Всё, что нас терзает – зеркала. Я не вампир, но лучше к ним не приближаться.
Ох, как же мне грустно.
Перестань, ты мучаешь себя.
Я люблю гулять, да это же весна, и я думаю обо времени, проведённом в школе, с такой вот улыбкой (улыбается), я рад, да, я рад, всё как надо.
Когда растает снег, тебе будет проще. Настоящая весна! Говорят, лето самое несчастное время в году. Неправда: ты – самый несчастный человек.
Когда ты говоришь так, я даже немного злюсь на тебя. Иногда я сажусь и вспоминаю, вспоминаю. Я подумал, что если бы сейчас поговорил со своим другом, он посоветовал бы мне рассказать о таких вещах, знаешь, абстрактных.
Я ни о чём не жалею.
Я жалею, что не начал учиться в 5 лет, и что думаю, и что мне есть, с кем поговорить, потому что себе я уже устал рассказывать – мы молчим, как старые знакомые, знающие друг друга настолько хорошо, что остаётся только молча чокаться, даже не произнося тост.
Я так и не заметила перехода от детства к этой грусти. А ведь мне уже столько, что можно всё.
Когда-то я думал о том, чтобы коллекционировать шляпы. Но потом я сказал себе – ты всё равно не соберёшь всех шляп, в чём тогда смысл? Даже если ты объявишь на весь мир о выплате денег каждому, кто отдаст свою шляпу, один тугоухий старикан заупрямится её отдавать, а может, и в самом деле забудет, что за коробка пылится на антресолях. В этом нет смысла.
К тому же, так трудно определить, что такое шляпа. Должен ли ты собирать треугольные шляпы из газеты? А кукольные шляпы? Если ты остановишься только на мужских фетровых шляпах, рассчитанных на людей, и там найдётся тысяча причин, чтобы чёрт ногу сломал.
А если какой-нибудь дурак начал бы собирать перчатки, отдал бы я ему свои? Думаю, что нет, и даже определённое вознаграждение не исправило бы ситуации.

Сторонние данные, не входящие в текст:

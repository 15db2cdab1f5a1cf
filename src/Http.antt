-- ===== src/Http.antt =====
-- internal/transport/http/v1/handlers/catalog_admin.go: the HTTP handlers that create and change
-- products. Decoding a body with encoding/json is not code of this repository: a request comes with
-- what Decode made of its body, `none` where it failed. The state is the service's. The handler's logger
-- is given, and logs are left out.
pub mod Target
pub mod Admin
pub mod Router
pub mod Paths
pub mod Routes
use Prim.Native.Char.{Char, code}
use Prim.Native.String.{[], ◌∷◌}
use shop_catalog_service.Common.{
  ℕ, ◌≡◌, String, Bool, true, false, ◌||◌, Option, none, some, str_eq, if◌then◌else◌, ◌==◌,
}
use shop_catalog_service.Common.Int.{ℤ}
use shop_catalog_service.Errors.{
  Error, Sentinel, error_is, message, product_not_found, product_already_exists, invalid_product,
  insufficient_stock,
}
use shop_catalog_service.Exec.{Result, ok, err, panic}
use shop_catalog_service.Domain.{Product, CreateProductCommand, UpdateProductCommand}
use shop_catalog_service.Repository.{Context}
use shop_catalog_service.Service
use shop_catalog_service.Service.{CatalogService, ServiceState}
use shop_catalog_service.Common.Text.{after_prefix}

-- The requests' bodies; createProductRequest has the fields of the command.
pub record UpdateProductRequest : Type 0 where
  pub name : Option String
  pub description : Option String
  pub price_cents : Option ℤ
  pub active : Option Bool

-- productResponse
pub record ProductResponse : Type 0 where
  pub id : String
  pub sku : String
  pub name : String
  pub description : String
  pub price_cents : ℤ
  pub currency : String
  pub stock : ℤ
  pub active : Bool

pub data Body : Type 0 where
  product_body : ProductResponse → Body
  error_body : String → Body

-- What is written to the client; a panic is `none`.
abbrev pub HttpReply : Type 0
HttpReply = Option (ℕ × Body)

-- writeError
abbrev pub write_error : ℕ → String → HttpReply
write_error status text = some (status, error_body text)

-- toProductResponse
to_product_response : Product → ProductResponse
to_product_response p = record {
  id = p.id;
  sku = p.sku;
  name = p.name;
  description = p.description;
  price_cents = p.price_cents;
  currency = p.currency;
  stock = p.stock;
  active = p.active;
}

-- strings.TrimPrefix
pub trim_prefix : String → String → String
unfolding after_prefix
trim_prefix p s = elim (after_prefix p s) [ none ↦ s | some rest ↦ rest ]

-- The first part of strings.Split and strings.SplitN at "/".
pub before_slash : String → String
before_slash [] = ""
before_slash (c ∷ s) = let rest = before_slash s in if code c == 47 then "" else c ∷ rest

-- extractProductID, and the same steps in UpdateStock
unfoldable pub extract_product_id : String → String
unfolding trim_prefix before_slash
extract_product_id path = before_slash (trim_prefix "/admin/products/" path)

-- The switches over the error: two sentinels with a status each, and 500 for the rest.
pub error_reply : Sentinel → ℕ → Sentinel → ℕ → Error → HttpReply
error_reply s a t b e =
    if error_is e s
    then write_error a (message e)
    else if error_is e t
    then write_error b (message e)
    else write_error 500 "internal error"

pub reply : ℕ → (Error → HttpReply) → Result Product → HttpReply
unfolding to_product_response
reply status on_err (ok p) = some (status, product_body (to_product_response p))
reply status on_err (err e) = on_err e
reply status on_err panic = none

module _ {S : Type 0} (svc : CatalogService S) where
  -- CreateProduct
  unfoldable pub create_product :
      Context → Option CreateProductCommand → ServiceState S → HttpReply × ServiceState S
  unfolding reply error_reply
  create_product ctx none st = (write_error 400 "invalid request body", st)
  create_product ctx (some cmd) st =
      let (r, st') = Service.create_product (some svc) ctx cmd st in
      (reply 201 (error_reply product_already_exists 409 invalid_product 400) r, st')

  -- UpdateProduct, with the id of the path.
  pub update_by_id :
      Context → String → Option UpdateProductRequest → ServiceState S → HttpReply × ServiceState S
  unfolding reply error_reply
  update_by_id ctx id none st = (write_error 400 "invalid request body", st)
  update_by_id ctx id (some req) st =
      let (r, st') =
        Service.update_product (some svc) ctx
          (record {
            id = id;
            name = req.name;
            description = req.description;
            price_cents = req.price_cents;
            active = req.active;
          })
          st in
      (reply 200 (error_reply product_not_found 404 invalid_product 400) r, st')

  -- UpdateProduct
  unfoldable pub update_product :
      Context → String → Option UpdateProductRequest → ServiceState S → HttpReply × ServiceState S
  unfolding update_by_id extract_product_id
  update_product ctx path req st =
      let rest = update_by_id ctx (extract_product_id path) req st in
      if str_eq (extract_product_id path) ""
      then (write_error 400 "product id is required", st)
      else rest

  -- UpdateStock, with the id of the path; the body is the delta.
  pub update_stock_by_id : Context → String → Option ℤ → ServiceState S → HttpReply × ServiceState S
  unfolding reply error_reply
  update_stock_by_id ctx id none st = (write_error 400 "invalid request body", st)
  update_stock_by_id ctx id (some delta) st =
      let (r, st') = Service.update_stock (some svc) ctx id delta st in
      (reply 200 (error_reply product_not_found 404 insufficient_stock 422) r, st')

  -- UpdateStock
  unfoldable pub update_stock :
      Context → String → Option ℤ → ServiceState S → HttpReply × ServiceState S
  unfolding update_stock_by_id extract_product_id
  update_stock ctx path delta st =
      let rest = update_stock_by_id ctx (extract_product_id path) delta st in
      if str_eq (extract_product_id path) ""
      then (write_error 400 "product id is required", st)
      else rest
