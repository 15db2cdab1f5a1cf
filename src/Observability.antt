-- ===== src/Observability.antt =====
-- internal/observability/logger.go: the level of the log. What slog writes is left out.
pub mod Levels
pub mod Metrics
pub mod Tracing
use Prim.Native.Char.{code}
use Prim.Native.String.{[], ◌∷◌}
use shop_catalog_service.Common.{
  ℕ, ◌+◌, String, Bool, true, false, ◌&&◌, ◌||◌, Option, none, some, ◌==◌, leb, if◌then◌else◌,
}
use shop_catalog_service.Common.Text.{trim_space}
use shop_catalog_service.Errors.{plain}
use shop_catalog_service.Exec.{Result, ok, err}

-- slog.Level, as far as the service sets it.
pub data Level : Type 0 where
  debug info warn error : Level

-- Level.String
abbrev pub level_text : Level → String
level_text debug = "DEBUG"
level_text info = "INFO"
level_text warn = "WARN"
level_text error = "ERROR"

-- unicode.ToLower, on the characters that it takes to an ASCII letter; another character is left as
-- it is, and is no letter of the words below.
lower : ℕ → ℕ
lower c =
    if leb 65 c && leb c 90 then c + 32 else if c == 304 then 105 else if c == 8490 then 107 else c

-- `strings.ToLower(s) == word`, for a word in lower-case ASCII.
lower_is : String → String → Bool
unfolding lower
lower_is [] [] = true
lower_is [] (d ∷ w) = false
lower_is (c ∷ s) [] = false
lower_is (c ∷ s) (d ∷ w) = lower (code c) == code d && lower_is s w

-- The switch of parseLevel.
word_level : String → Level
unfolding lower_is
word_level s =
    if lower_is s "debug"
    then debug
    else if lower_is s "warn" || lower_is s "warning"
    then warn
    else if lower_is s "error"
    then error
    else info

unfoldable pub parse_level : String → Level
unfolding word_level trim_space
parse_level v = word_level (trim_space v)

-- RuntimeLogger; a nil LevelVar is `none`.
pub record RuntimeLogger : Type 0 where
  pub level : Option Level

-- NewLogger, with the level of its options.
pub new_logger : String → RuntimeLogger
unfolding parse_level
new_logger level = record { level = some (parse_level level) }

-- SetLevel; a nil logger is `none`.
unfoldable pub set_level : String → Option RuntimeLogger → Result (Unit {0}) × Option RuntimeLogger
unfolding parse_level
set_level text none = (err (plain "logger is not initialized"), none)
set_level text (some r) = elim r.level [
  | none ↦ (err (plain "logger is not initialized"), some r)
  | some _ ↦ (ok tt, some (record { level = some (parse_level text) }))
]

-- Level
unfoldable pub level_of : Option RuntimeLogger → Level
level_of none = info
level_of (some r) = elim r.level [ none ↦ info | some l ↦ l ]
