-- ===== src/Examples/Connection.antt =====
-- The theorems on a lost connection at a database that cannot be reached.
use game_database_server.Prelude.{◌≡◌, refl, true, false}
use game_database_server.Platform.{Platform}
use game_database_server.Action.{World, ok}
use game_database_server.Connector.{is_connected}
use game_database_server.Database.Session.{reconnect_if_needed}
use game_database_server.Database.Session.Reconnect.{reconnect_if_needed-counts}
use game_database_server.Examples.{demo, world}

abbrev unreachable : Platform
unreachable = record demo { connect_succeeds = λ h. false }

abbrev cut_off : World
cut_off = record world { conn = false; is_init = false }

reconnect_if_needed-counts_example :
    ((reconnect_if_needed ⦃p = unreachable⦄ cut_off).0 ≡ ok false)
    × (is_connected (reconnect_if_needed ⦃p = unreachable⦄ cut_off).1 ≡ true)
unfolding is_connected
reconnect_if_needed-counts_example = reconnect_if_needed-counts ⦃p = unreachable⦄ cut_off refl refl
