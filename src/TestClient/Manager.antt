-- ===== src/TestClient/Manager.antt =====
-- ClientPacketManager.cpp: the error text, the check of a buffer, and the building of a request.
use game_database_server.Prelude.{
  ℕ, Bool, false, List, [], Option, none, some, String, ◌<>◌, if◌then◌else◌,
}
use game_database_server.Packet.EventType.{EventType}
use game_database_server.Packet.Event.{Event, DatabasePacket}
use game_database_server.Platform.{Platform}
use game_database_server.PacketManager.Defs.{is_empty, type_of, socket_of}

-- _last_error
pub record ClientPacketManager : Type 0 where
  pub last_error : String

abbrev pub Method : Type 0 → Type 0
Method A = ClientPacketManager → A × ClientPacketManager

-- SetError
unfoldable pub fail_with : String → ClientPacketManager → ClientPacketManager
fail_with e m = record m { last_error = e }

-- ClearError
unfoldable pub forget_error : ClientPacketManager → ClientPacketManager
forget_error m = record m { last_error = "" }

-- CreateDatabasePacket with its default for client_socket
unfoldable pub request_packet : Event → DatabasePacket
request_packet e = record { packet_event = e; client_socket = 0 }

abbrev pub bytes_or_fail : String → Option (List ℕ) → Method (List ℕ)
bytes_or_fail text none m = ([], fail_with text m)
bytes_or_fail text (some bytes) m = (bytes, m)

module _ ⦃p : Platform⦄ where
  unfoldable pub verify_packet : List ℕ → Method Bool
  verify_packet bytes m =
      if is_empty bytes
      then (false, fail_with "Invalid packet data" m)
      else (p.verify_buffer bytes, m)

  unfoldable pub is_valid_packet : List ℕ → Method Bool
  is_valid_packet = verify_packet

  unfoldable pub get_packet_type : List ℕ → Method EventType
  get_packet_type bytes m =
      let (valid, m') = verify_packet bytes m in
      ((if valid then type_of (p.get_database_packet bytes) else EventType.none), m')

  unfoldable pub get_client_socket : List ℕ → Method ℕ
  get_client_socket bytes m =
      let (valid, m') = verify_packet bytes m in
      ((if valid then socket_of (p.get_database_packet bytes) else 0), m')

  -- What the Create methods share: ClearError, and the try block with its handler.
  unfoldable pub create_request : String → Event → Method (List ℕ)
  create_request method e m =
      bytes_or_fail (method <> " failed: " <> p.build_what) (p.build (request_packet e))
        (forget_error m)
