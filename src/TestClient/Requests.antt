-- ===== src/TestClient/Requests.antt =====
-- ClientPacketManager.cpp, CreateLoginRequest to CreateSavePlayerDataRequest.
use game_database_server.Prelude.{ℕ, List, none, some, String}
use game_database_server.Packet.Event.{
  c2s_login, c2s_logout, c2s_create_account, c2s_item_data, c2s_player_data, c2s_monster_data,
  c2s_player_chat, c2s_shop_list, c2s_shop_items, c2s_shop_transaction, c2s_create_game_server,
  c2s_game_server_list, c2s_join_game_server, c2s_close_game_server, c2s_save_player_data,
}
use game_database_server.Platform.{Platform}
use game_database_server.TestClient.Manager.{Method, create_request}

module _ ⦃p : Platform⦄ where
  unfoldable pub create_login_request : (username password : String) → Method (List ℕ)
  create_login_request username password =
      create_request "CreateLoginRequest"
        (c2s_login (some (record { username = some username; password = some password })))

  unfoldable pub create_logout_request : (user_id : ℕ) → Method (List ℕ)
  create_logout_request user_id =
      create_request "CreateLogoutRequest" (c2s_logout (some (record { user_id = user_id })))

  unfoldable pub create_account_request : (username password nickname : String) → Method (List ℕ)
  create_account_request username password nickname = create_request "CreateAccountRequest" (
      c2s_create_account (
        some (record {
          username = some username;
          password = some password;
          nickname = some nickname;
        })))

  unfoldable pub create_item_data_request :
      (user_id request_type item_id item_count : ℕ) → Method (List ℕ)
  create_item_data_request user_id request_type item_id item_count =
      create_request "CreateItemDataRequest" (
        c2s_item_data (
          some (record {
            user_id = user_id;
            request_type = request_type;
            item_id = item_id;
            item_count = item_count;
          })))

  -- The fields that the call leaves out have the schema's defaults.
  unfoldable pub create_player_data_query_request : (user_id : ℕ) → Method (List ℕ)
  create_player_data_query_request user_id = create_request "CreatePlayerDataQueryRequest" (
      c2s_player_data (
        some (record {
          user_id = user_id;
          request_type = 0;
          level = 0;
          exp = 0;
          hp = 0;
          mp = 0;
          pos_x = 0;
          pos_y = 0;
        })))

  unfoldable pub create_player_data_update_request :
      (user_id level exp hp mp pos_x pos_y : ℕ) → Method (List ℕ)
  create_player_data_update_request user_id level exp hp mp pos_x pos_y =
      create_request "CreatePlayerDataUpdateRequest" (
        c2s_player_data (
          some (record {
            user_id = user_id;
            request_type = 1;
            level = level;
            exp = exp;
            hp = hp;
            mp = mp;
            pos_x = pos_x;
            pos_y = pos_y;
          })))

  unfoldable pub create_monster_data_request : (request_type monster_id : ℕ) → Method (List ℕ)
  create_monster_data_request request_type monster_id =
      create_request "CreateMonsterDataRequest"
        (c2s_monster_data (some (record { request_type = request_type; monster_id = monster_id })))

  unfoldable pub create_chat_send_request :
      (sender_id receiver_id : ℕ) → (message : String) → (chat_type : ℕ) → Method (List ℕ)
  create_chat_send_request sender_id receiver_id message chat_type =
      create_request "CreateChatSendRequest" (
        c2s_player_chat (
          some (record {
            request_type = 1;
            sender_id = sender_id;
            receiver_id = receiver_id;
            message = some message;
            chat_type = chat_type;
          })))

  -- The parameter `request_type` is not used, and the message is absent.
  unfoldable pub create_chat_query_request :
      (request_type sender_id receiver_id chat_type : ℕ) → Method (List ℕ)
  create_chat_query_request request_type sender_id receiver_id chat_type =
      create_request "CreateChatQueryRequest" (
        c2s_player_chat (
          some (record {
            request_type = 0;
            sender_id = sender_id;
            receiver_id = receiver_id;
            message = none;
            chat_type = chat_type;
          })))

  unfoldable pub create_shop_list_request : (request_type map_id : ℕ) → Method (List ℕ)
  create_shop_list_request request_type map_id =
      create_request "CreateShopListRequest"
        (c2s_shop_list (some (record { request_type = request_type; map_id = map_id })))

  unfoldable pub create_shop_items_request : (shop_id : ℕ) → Method (List ℕ)
  create_shop_items_request shop_id =
      create_request "CreateShopItemsRequest" (c2s_shop_items (some (record { shop_id = shop_id })))

  unfoldable pub create_shop_transaction_request :
      (user_id shop_id item_id item_count transaction_type : ℕ) → Method (List ℕ)
  create_shop_transaction_request user_id shop_id item_id item_count transaction_type =
      create_request "CreateShopTransactionRequest" (
        c2s_shop_transaction (
          some (record {
            user_id = user_id;
            shop_id = shop_id;
            item_id = item_id;
            item_count = item_count;
            transaction_type = transaction_type;
          })))

  unfoldable pub create_game_server_request :
      (user_id : ℕ)
      → (server_name server_password server_ip : String) → (server_port max_players : ℕ)
      → Method (List ℕ)
  create_game_server_request user_id server_name server_password server_ip server_port max_players =
      create_request "CreateGameServerRequest" (
        c2s_create_game_server (
          some (record {
            user_id = user_id;
            server_name = some server_name;
            server_password = some server_password;
            server_ip = some server_ip;
            server_port = server_port;
            max_players = max_players;
          })))

  unfoldable pub create_game_server_list_request : (request_type : ℕ) → Method (List ℕ)
  create_game_server_list_request request_type =
      create_request "CreateGameServerListRequest"
        (c2s_game_server_list (some (record { request_type = request_type })))

  unfoldable pub create_join_game_server_request :
      (user_id server_id : ℕ) → (server_password : String) → Method (List ℕ)
  create_join_game_server_request user_id server_id server_password =
      create_request "CreateJoinGameServerRequest" (
        c2s_join_game_server (
          some (record {
            user_id = user_id;
            server_id = server_id;
            server_password = some server_password;
          })))

  unfoldable pub create_close_game_server_request : (user_id server_id : ℕ) → Method (List ℕ)
  create_close_game_server_request user_id server_id =
      create_request "CreateCloseGameServerRequest"
        (c2s_close_game_server (some (record { user_id = user_id; server_id = server_id })))

  unfoldable pub create_save_player_data_request :
      (user_id level exp hp mp gold pos_x pos_y : ℕ) → Method (List ℕ)
  create_save_player_data_request user_id level exp hp mp gold pos_x pos_y =
      create_request "CreateSavePlayerDataRequest" (
        c2s_save_player_data (
          some (record {
            user_id = user_id;
            level = level;
            exp = exp;
            hp = hp;
            mp = mp;
            gold = gold;
            pos_x = pos_x;
            pos_y = pos_y;
          })))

А я вот думаю – мы могли бы разыгрывать с тобой сцены из античной истории. Ты так любишь играть, почему бы тебе не выбрать чего-нибудь?
Тиберий, Калигула, Клавдий? Я ни секунды не сомневаюсь, что эти имена первыми пришли тебе на ум.
Славные имена, я никогда не понимала, чего в них зловещего.